The ThermoVision system addresses these challenges by employing FLIR IR cameras. Through this technology, real-time moisture profiles across paper machine locations can be generated and integrated into a multi-functional thermal profiler. Key functionalities include real-time, full-width, cross-direction (CD) moisture and temperature profile mapping, as well as machine direction (MD) profile variations. The analytics capabilities of ThermoVision provide critical insights into the dewatering and drying process, which are essential for effective energy benchmarking.

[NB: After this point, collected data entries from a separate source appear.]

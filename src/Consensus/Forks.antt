-- ===== src/Consensus/Forks.antt =====
-- Where the block of the forking proposer (consensus/byzantine/byzantine.go) hangs.
use hotstuff_repbased_leader.Prelude.{ℕ, ◌≡◌, ap, ◌∙◌, some, List, arith}
use hotstuff_repbased_leader.Types.{Block, SyncInfo, new_block}
use hotstuff_repbased_leader.BlockChain.Lookups.{block_at}
use hotstuff_repbased_leader.BlockChain.Consistent.{IsConsistent}
use hotstuff_repbased_leader.State.{Replica, Env, forking}
use hotstuff_repbased_leader.Access.{get_block}
use hotstuff_repbased_leader.Rules.{fork_propose_rule}
use hotstuff_repbased_leader.Consensus.{proposed_block}
use hotstuff_repbased_leader.Consensus.Commits.{get_block_hit}

fork_propose_rule_lem :
    (env : Env) (cert : SyncInfo) (h : ℕ) (r : Replica) (parent : Block)
    → IsConsistent r.chain
    → block_at h r.chain ≡ some parent
    → fork_propose_rule env cert h r ≡ (r, some parent)
unfolding fork_propose_rule
fork_propose_rule_lem env cert h r parent consistent found =
    let first = get_block_hit env h r {b = parent} found in
    let own = consistent h parent found in
    let second : get_block env parent.hash r ≡ (r, some parent) =
      ap (λ k. get_block env k r) own ∙ first in
    ground arith

-- In a chain that keeps every block under its own hash the block that the forking proposer takes for
-- the leaf's grandparent is the leaf's parent: its proposal carries the parent's certificate and has
-- the leaf's own parent for its parent, so it is a sibling of the leaf.
pub proposed_block-forking :
    (env : Env) (cert : SyncInfo) (cmd : List ℕ) (r : Replica) (parent : Block)
    → IsConsistent r.chain
    → block_at r.leaf_block.parent r.chain ≡ some parent
    → proposed_block env forking cert cmd r
      ≡ (r, some (new_block env.sha256 r.leaf_block.parent parent.cert cmd r.current_view env.id))
unfolding proposed_block
proposed_block-forking env cert cmd r parent consistent found =
    let rule = fork_propose_rule_lem env cert r.leaf_block.parent r parent consistent found in
    let own = consistent r.leaf_block.parent parent found in ground arith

The system's advantages are further amplified through its ability to detect wet streaks and foreign materials—even in environments where steam obscures visibility. For example, a FLIR IR camera can be used to capture detailed images of processes such as a pulper vortex, allowing operators to monitor optimally the machine components, including trim squirts and dryers.

While a single FLIR IR camera can accomplish core ThermoVision analyses, deploying multiple cameras would enhance complete process optimisation. The capability to integrate data from both infrared and visual spectrum cameras into an artificial intelligence (AI) module enables the system to learn about the interactions between external forces and the paper’s vulnerabilities to predict runnability issues, such as sheet breaks.

“Armed with new data for maximising paper machine performance, we estimate substantial savings for ThermoVision users,” stated Slawek Frackowiak, President and CEO of IVS, speaking to Industrial News. He elaborated on the potential impact on operational costs, estimating that users could realise annual savings of approximately $1.3 million on a 300,000-ton liner-board machine.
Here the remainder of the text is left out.